◆ Exercise objective:
Only the lines from the one containing "filename src/Store/Queries.antt" through the one containing "kind_code more_time_requested = 5" should be printed, exactly as they appear below, with both ends included.

Saved entries:
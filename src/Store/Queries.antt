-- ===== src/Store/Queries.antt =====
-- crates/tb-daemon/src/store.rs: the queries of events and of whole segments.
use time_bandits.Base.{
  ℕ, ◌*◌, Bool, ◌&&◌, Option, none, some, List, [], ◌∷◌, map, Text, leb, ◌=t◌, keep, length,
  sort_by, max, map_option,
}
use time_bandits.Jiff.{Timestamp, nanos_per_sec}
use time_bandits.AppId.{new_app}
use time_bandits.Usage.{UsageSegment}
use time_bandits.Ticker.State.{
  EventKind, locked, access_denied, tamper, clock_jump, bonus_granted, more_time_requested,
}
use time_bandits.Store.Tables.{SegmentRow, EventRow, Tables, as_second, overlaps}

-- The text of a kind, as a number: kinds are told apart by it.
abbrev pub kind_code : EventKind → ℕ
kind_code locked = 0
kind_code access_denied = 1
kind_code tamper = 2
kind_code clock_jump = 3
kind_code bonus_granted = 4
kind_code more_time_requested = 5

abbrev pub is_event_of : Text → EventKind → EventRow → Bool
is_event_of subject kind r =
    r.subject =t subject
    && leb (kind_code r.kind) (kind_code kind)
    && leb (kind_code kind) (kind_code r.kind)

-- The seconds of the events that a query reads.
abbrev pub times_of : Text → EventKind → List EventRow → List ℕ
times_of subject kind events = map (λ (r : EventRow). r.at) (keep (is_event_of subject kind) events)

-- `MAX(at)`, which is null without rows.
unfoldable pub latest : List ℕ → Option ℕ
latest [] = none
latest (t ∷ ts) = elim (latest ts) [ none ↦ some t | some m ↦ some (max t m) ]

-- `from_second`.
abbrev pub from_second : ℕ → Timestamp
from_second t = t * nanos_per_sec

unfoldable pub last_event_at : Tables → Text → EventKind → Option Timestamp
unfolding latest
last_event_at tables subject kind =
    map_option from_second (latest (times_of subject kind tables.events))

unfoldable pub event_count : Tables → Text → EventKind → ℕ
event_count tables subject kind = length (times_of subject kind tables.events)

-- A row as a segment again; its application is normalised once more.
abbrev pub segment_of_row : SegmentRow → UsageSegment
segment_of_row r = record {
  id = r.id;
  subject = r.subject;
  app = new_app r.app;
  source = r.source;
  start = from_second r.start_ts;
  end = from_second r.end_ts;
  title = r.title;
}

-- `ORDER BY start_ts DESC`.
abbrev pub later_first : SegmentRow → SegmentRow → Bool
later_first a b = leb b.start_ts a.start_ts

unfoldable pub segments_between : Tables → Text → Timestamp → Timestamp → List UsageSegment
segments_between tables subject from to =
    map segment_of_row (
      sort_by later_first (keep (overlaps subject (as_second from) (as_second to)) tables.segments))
==
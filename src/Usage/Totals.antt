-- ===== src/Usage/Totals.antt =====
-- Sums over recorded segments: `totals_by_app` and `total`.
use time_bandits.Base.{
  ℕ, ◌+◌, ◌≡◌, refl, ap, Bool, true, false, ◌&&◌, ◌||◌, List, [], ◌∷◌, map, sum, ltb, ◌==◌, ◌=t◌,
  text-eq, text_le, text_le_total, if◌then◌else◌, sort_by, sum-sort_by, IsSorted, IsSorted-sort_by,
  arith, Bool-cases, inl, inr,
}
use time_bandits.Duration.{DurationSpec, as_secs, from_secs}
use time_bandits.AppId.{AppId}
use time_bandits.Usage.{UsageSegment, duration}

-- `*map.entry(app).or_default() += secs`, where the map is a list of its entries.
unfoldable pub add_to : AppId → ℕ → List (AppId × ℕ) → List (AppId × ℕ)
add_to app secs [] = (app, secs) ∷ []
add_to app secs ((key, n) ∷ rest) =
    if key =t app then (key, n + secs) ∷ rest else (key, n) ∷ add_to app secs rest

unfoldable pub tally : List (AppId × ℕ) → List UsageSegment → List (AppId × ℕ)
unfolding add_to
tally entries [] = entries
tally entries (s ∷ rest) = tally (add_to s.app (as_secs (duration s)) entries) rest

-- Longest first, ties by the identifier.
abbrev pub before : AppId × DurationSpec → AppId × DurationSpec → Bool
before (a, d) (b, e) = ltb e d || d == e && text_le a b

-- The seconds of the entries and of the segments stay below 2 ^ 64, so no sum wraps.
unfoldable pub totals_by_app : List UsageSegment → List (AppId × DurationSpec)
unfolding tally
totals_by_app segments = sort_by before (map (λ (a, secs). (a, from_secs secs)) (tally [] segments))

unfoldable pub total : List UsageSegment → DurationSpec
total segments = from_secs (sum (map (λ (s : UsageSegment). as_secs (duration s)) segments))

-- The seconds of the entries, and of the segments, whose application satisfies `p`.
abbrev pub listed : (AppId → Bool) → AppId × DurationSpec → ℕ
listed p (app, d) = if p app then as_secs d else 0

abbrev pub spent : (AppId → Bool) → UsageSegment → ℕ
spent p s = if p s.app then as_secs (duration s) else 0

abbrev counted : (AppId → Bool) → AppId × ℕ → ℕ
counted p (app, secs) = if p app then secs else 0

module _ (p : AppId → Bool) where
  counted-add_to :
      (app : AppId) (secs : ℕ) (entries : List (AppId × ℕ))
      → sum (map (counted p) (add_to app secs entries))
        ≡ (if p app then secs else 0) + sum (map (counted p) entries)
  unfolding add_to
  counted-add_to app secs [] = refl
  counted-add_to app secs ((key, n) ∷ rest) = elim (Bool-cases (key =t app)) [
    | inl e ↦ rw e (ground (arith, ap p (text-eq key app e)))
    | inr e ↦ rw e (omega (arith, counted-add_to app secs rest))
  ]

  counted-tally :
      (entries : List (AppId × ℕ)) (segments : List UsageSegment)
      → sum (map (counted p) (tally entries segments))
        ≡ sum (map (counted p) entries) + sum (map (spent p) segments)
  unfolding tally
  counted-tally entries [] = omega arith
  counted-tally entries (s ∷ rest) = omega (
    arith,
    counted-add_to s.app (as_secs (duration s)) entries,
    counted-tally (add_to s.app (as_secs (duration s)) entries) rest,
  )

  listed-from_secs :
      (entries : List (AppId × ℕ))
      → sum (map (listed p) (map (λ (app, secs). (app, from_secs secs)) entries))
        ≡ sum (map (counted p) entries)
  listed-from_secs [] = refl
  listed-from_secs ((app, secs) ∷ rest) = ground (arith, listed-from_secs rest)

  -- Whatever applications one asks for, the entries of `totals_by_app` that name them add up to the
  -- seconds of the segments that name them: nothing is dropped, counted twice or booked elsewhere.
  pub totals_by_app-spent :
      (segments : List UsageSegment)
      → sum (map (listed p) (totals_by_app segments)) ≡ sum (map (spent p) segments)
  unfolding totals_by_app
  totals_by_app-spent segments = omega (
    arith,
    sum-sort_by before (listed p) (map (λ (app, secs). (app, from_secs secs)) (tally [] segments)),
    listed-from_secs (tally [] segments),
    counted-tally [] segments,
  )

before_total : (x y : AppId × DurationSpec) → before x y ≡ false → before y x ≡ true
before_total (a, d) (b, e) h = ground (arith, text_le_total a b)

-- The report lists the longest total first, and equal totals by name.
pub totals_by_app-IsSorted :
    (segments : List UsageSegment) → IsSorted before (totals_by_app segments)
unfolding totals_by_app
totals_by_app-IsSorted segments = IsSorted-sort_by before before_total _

◆ Output of the task:
filename src/Store/Queries.antt
-- ===== src/Store/Queries.antt =====
-- crates/tb-daemon/src/store.rs: the queries of events and of whole segments.
use time_bandits.Base.{
  ℕ, ◌*◌, Bool, ◌&&◌, Option, none, some, List, [], ◌∷◌, map, Text, leb, ◌=t◌, keep, length,
  sort_by, max, map_option,
}
use time_bandits.Jiff.{Timestamp, nanos_per_sec}
use time_bandits.AppId.{new_app}
use time_bandits.Usage.{UsageSegment}
use time_bandits.Ticker.State.{
  EventKind, locked, access_denied, tamper, clock_jump, bonus_granted, more_time_requested,
}
use time_bandits.Store.Tables.{SegmentRow, EventRow, Tables, as_second, overlaps}

-- The text of a kind, as a number: kinds are told apart by it.
abbrev pub kind_code : EventKind → ℕ
kind_code locked = 0
kind_code access_denied = 1
kind_code tamper = 2
kind_code clock_jump = 3
kind_code bonus_granted = 4
kind_code more_time_requested = 5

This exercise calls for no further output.